Writing a program to count the number of bits that are set to 1 in an integer is a good way to get up to speed with primitive types. The following program tests bits one-at-a-time starting with the least-significant bit. It illustrates shifting and masking; it also shows how to avoid hard-coding the
size of the integer word.

In [1]:
def count_bits(x):
    num_bits = 0
    while x:
        num_bits += x & 1
        x >>= 1
    return num_bits

In [8]:
count_bits(111)

6

Since we perform O(1) computation per bit, the time complexity is O(n), where n is the number of
bits needed to represent the integer, e.g., 4 bits are needed to represent 12, which is (1100)2 in binary

Know your primitive types:

Python has a number of build-in types: numerics (e.g., integer), sequences (e.g., list), mappings (e.g., dict), as well as classes, instances and exceptions. All instances of these types are objects.
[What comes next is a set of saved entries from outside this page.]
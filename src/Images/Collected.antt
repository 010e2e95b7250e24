-- ===== src/Images/Collected.antt =====
-- The images that tools/collect-images.py prints are those of the container specs.
use krateo_openstack_bluepri.Prelude.{
  String, Bool, true, false, Bool-cases, not, ◌&&◌, ◌≡◌, ◌≢◌, ◌↔◌, refl, sym, ap, ◌∙◌, subst, ◌⊎◌,
  inl, inr, Option, none, some, some_inj, none_some, List, [], ◌∷◌, In, In-append_left,
  In-append_right, In-append_cases, if◌then◌else◌, is_empty, strip, contains, contains→In, str_leb,
  In-sort_with, false_true, Value, Fields, Items, null, str, num, real, bool, arr, nil, cons, obj,
  field, end, find, return, return_inj,
}
use krateo_openstack_bluepri.Images.{
  add, has_name, note_image, walk, walk_fields, walk_items, walk_docs, walk_files, printed, main,
}

add-In : (s img : String) (out : List String) → In s (add img out) ↔ (In s out ⊎ (s ≡ img))
unfolding add
add-In s img out = elim (Bool-cases (contains out img)) [
  | inl old ↦ rw old (
    λ m. inl m,
    λ h. elim h [ inl m ↦ m | inr e ↦ subst (λ x. In x out) (sym e) (contains→In out img old) ],
  )
  | inr new ↦ rw new (
    λ m. elim (In-append_cases s out (img ∷ []) m) [
      | inl l ↦ inl l
      | inr (inl e) ↦ inr e
      | inr (inr v) ↦ absurd v
    ],
    λ h. elim h [
      | inl m ↦ In-append_left s out (img ∷ []) m
      | inr e ↦ In-append_right s out (img ∷ []) (inl e)
    ],
  )
]

-- A mapping with a name whose image, without the blanks around it, is the text
abbrev pub IsContainer : Fields → String → Type 0
IsContainer fs s =
    (raw : String) × ((find "image" fs ≡ some (str raw))
      × ((strip raw ≡ s) × ((is_empty s ≡ false) × (has_name fs ≡ true))))

unfoldable mutual
  -- Some mapping in the value is such a container.
  pub Names : Value → String → Type 0
  Names (obj fs) s = IsContainer fs s ⊎ NamesIn fs s
  Names (arr vs) s = NamesAmong vs s
  Names _ s = ⊥

  pub NamesIn : Fields → String → Type 0
  NamesIn end s = ⊥
  NamesIn (field k v fs) s = Names v s ⊎ NamesIn fs s

  pub NamesAmong : Items → String → Type 0
  NamesAmong nil s = ⊥
  NamesAmong (cons v vs) s = Names v s ⊎ NamesAmong vs s

no_text :
    (fs : Fields) (v : Value) (s : String) (out : List String)
    → find "image" fs ≡ some v
    → ((raw : String) → v ≢ str raw)
    → In s out ↔ (In s out ⊎ IsContainer fs s)
no_text fs v s out e other = (
  λ m. inl m,
  λ h. elim h [ inl m ↦ m | inr (raw, (f, _)) ↦ absurd (other raw (some_inj (sym e ∙ f))) ],
)

text-In :
    (fs : Fields) (raw s : String) (out : List String)
    → find "image" fs ≡ some (str raw)
    → In s (note_image fs (some (str raw)) out) ↔ (In s out ⊎ IsContainer fs s)
text-In fs raw s out e = from (is_empty (strip raw)) (has_name fs) refl refl
  where
    same_text : {a b : String} → some (str a) ≡ some (str b) → a ≡ b
    same_text h = cc

    from :
        (b n : Bool)
        → is_empty (strip raw) ≡ b
        → has_name fs ≡ n
        → In s (if not b && n then add (strip raw) out else out) ↔ (In s out ⊎ IsContainer fs s)
    from true n blank named = (
      λ m. inl m,
      λ h. elim h [
        | inl m ↦ m
        | inr (r, (f, (same, (full, _)))) ↦
            false_true
              (sym full ∙ ap is_empty (sym same ∙ ap strip (sym (same_text (sym e ∙ f)))) ∙ blank)
      ],
    )
    from false false full unnamed = (
      λ m. inl m,
      λ h. elim h [
        | inl m ↦ m
        | inr (r, (f, (same, (_, named)))) ↦ false_true (sym unnamed ∙ named)
      ],
    )
    from false true full named =
        let added = add-In s (strip raw) out in
        (
          λ m. elim (added.0 m) [
            | inl l ↦ inl l
            | inr is ↦ inr (raw, (e, (sym is, (ap is_empty is ∙ full, named))))
          ],
          λ h. added.1 (elim h [
            | inl m ↦ inl m
            | inr (r, (f, (same, _))) ↦ inr (sym same ∙ ap strip (sym (same_text (sym e ∙ f))))
          ]),
        )

note-In :
    (fs : Fields) (o : Option Value) (s : String) (out : List String)
    → find "image" fs ≡ o
    → In s (note_image fs o out) ↔ (In s out ⊎ IsContainer fs s)
note-In fs none s out e =
    (λ m. inl m, λ h. elim h [ inl m ↦ m | inr (r, (f, _)) ↦ none_some (sym e ∙ f) ])
note-In fs (some (str raw)) s out e = text-In fs raw s out e
note-In fs (some null) s out e = no_text fs null s out e (λ r h. cc)
note-In fs (some (num n)) s out e = no_text fs (num n) s out e (λ r h. cc)
note-In fs (some (real x)) s out e = no_text fs (real x) s out e (λ r h. cc)
note-In fs (some (bool b)) s out e = no_text fs (bool b) s out e (λ r h. cc)
note-In fs (some (arr vs)) s out e = no_text fs (arr vs) s out e (λ r h. cc)
note-In fs (some (obj gs)) s out e = no_text fs (obj gs) s out e (λ r h. cc)

chain : {A B C D E : Type 0} → A ↔ (B ⊎ D) → B ↔ (C ⊎ E) → A ↔ (C ⊎ (E ⊎ D))
chain f g = (
  λ a. elim (f.0 a) [
    | inl b ↦ elim (g.0 b) [ inl c ↦ inl c | inr e ↦ inr (inl e) ]
    | inr d ↦ inr (inr d)
  ],
  λ h. f.1 (elim h [
    | inl c ↦ inl (g.1 (inl c))
    | inr (inl e) ↦ inl (g.1 (inr e))
    | inr (inr d) ↦ inr d
  ]),
)

same_in : (s : String) (out : List String) → In s out ↔ (In s out ⊎ ⊥)
same_in s out = (λ m. inl m, λ h. elim h [ inl m ↦ m | inr v ↦ absurd v ])

mutual
  unfolding walk Names

  walk-In :
      (v : Value) (s : String) (out : List String) → In s (walk v out) ↔ (In s out ⊎ Names v s)
  walk-In (obj fs) s out =
      chain (walk_fields-In fs s (note_image fs (find "image" fs) out))
        (note-In fs (find "image" fs) s out refl)
  walk-In (arr vs) s out = walk_items-In vs s out
  walk-In (str x) s out = same_in s out
  walk-In (num n) s out = same_in s out
  walk-In (real r) s out = same_in s out
  walk-In (bool b) s out = same_in s out
  walk-In null s out = same_in s out

  walk_fields-In :
      (fs : Fields) (s : String) (out : List String)
      → In s (walk_fields fs out) ↔ (In s out ⊎ NamesIn fs s)
  walk_fields-In end s out = same_in s out
  walk_fields-In (field k v fs) s out = chain (walk_fields-In fs s (walk v out)) (walk-In v s out)

  walk_items-In :
      (vs : Items) (s : String) (out : List String)
      → In s (walk_items vs out) ↔ (In s out ⊎ NamesAmong vs s)
  walk_items-In nil s out = same_in s out
  walk_items-In (cons v vs) s out = chain (walk_items-In vs s (walk v out)) (walk-In v s out)

-- Some document of the list names the image.
unfoldable pub DocsName : List Value → String → Type 0
DocsName [] s = ⊥
DocsName (doc ∷ docs) s = Names doc s ⊎ DocsName docs s

unfoldable pub FilesName : (String → List Value) → List String → String → Type 0
FilesName load [] s = ⊥
FilesName load (path ∷ paths) s = DocsName (load path) s ⊎ FilesName load paths s

walk_docs-In :
    (docs : List Value) (s : String) (out : List String)
    → In s (walk_docs docs out) ↔ (In s out ⊎ DocsName docs s)
unfolding walk_docs DocsName
walk_docs-In [] s out = same_in s out
walk_docs-In (doc ∷ docs) s out = chain (walk_docs-In docs s (walk doc out)) (walk-In doc s out)

walk_files-In :
    (load : String → List Value) (paths : List String) (s : String) (out : List String)
    → In s (walk_files load paths out) ↔ (In s out ⊎ FilesName load paths s)
unfolding walk_files FilesName
walk_files-In load [] s out = same_in s out
walk_files-In load (path ∷ paths) s out =
    chain (walk_files-In load paths s (walk_docs (load path) out)) (walk_docs-In (load path) s out)

printed-In :
    (found images : List String)
    → printed found ≡ return images
    → (s : String) → In s images ↔ In s found
printed-In [] images h s = cc
printed-In (x ∷ found) images h s =
    subst (λ (is : List String). In s is ↔ In s (x ∷ found)) (return_inj h)
      (In-sort_with str_leb s (x ∷ found))

-- When images are printed, they are those that the documents of the given files name: an image is
-- printed exactly when some mapping in a document, at any depth, has a name and this image.
pub main-Names :
    (load : String → List Value) (argv images : List String)
    → main load argv ≡ return images
    → (s : String) → In s images ↔ FilesName load argv s
unfolding main
main-Names load [] images h s = cc
main-Names load (path ∷ paths) images h s =
    let order = printed-In (walk_files load (path ∷ paths) []) images h s in
    let found = walk_files-In load (path ∷ paths) s [] in
    (
      λ m. elim (found.0 (order.0 m)) [ inl v ↦ absurd v | inr f ↦ f ],
      λ f. order.1 (found.1 (inr f)),
    )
Integers in Python3 are unbounded—the maximum integer representable is a function of the available memory.
The constant sys.maxsize can be used to find the word-size; specifically, it’s the maximum value integer that can be stored in the word,
e.g., 2**63 - 1 on a 64-bit machine.
Bounds on floats are specified in sys.float_info.

• Be very familiar with the bit-wise operators such as 6&4,1|2, 8>>1, -16>>>2, 1<<10, ˜0, 15ˆx.
Negative numbers are treated as their 2’s complement value. (There is no concept of an
unsigned shift in Python, since integers have infinite precision.)

• The key methods for numeric types are abs(-34.5), math.ceil(2.17), math.floor(3.14),
min(x,-4), max(3.14, y), pow(2.71, 3.14) (alternately, 2.71 ** 3.14), and
math.sqrt(225).

• Know how to interconvert integers and strings, e.g., str(42), int(’42’), floats and strings,
e.g., str(3.14), float(’3.14’).

• Unlike integers, floats are not infinite precision, and it’s convenient to refer to infinity as
float(’inf’) and float(’-inf’). These values are comparable to integers, and can be used
to create psuedo max-int and pseudo min-int.

• When comparing floating point values consider using math.isclose()—it is robust, e.g.,
when comparing very large values, and can handle both absolute and relative differences.

• The key methods in random are random.randrange(28), random.randint(8,16),
random.random(), random.shuffle(A), and random.choice(A)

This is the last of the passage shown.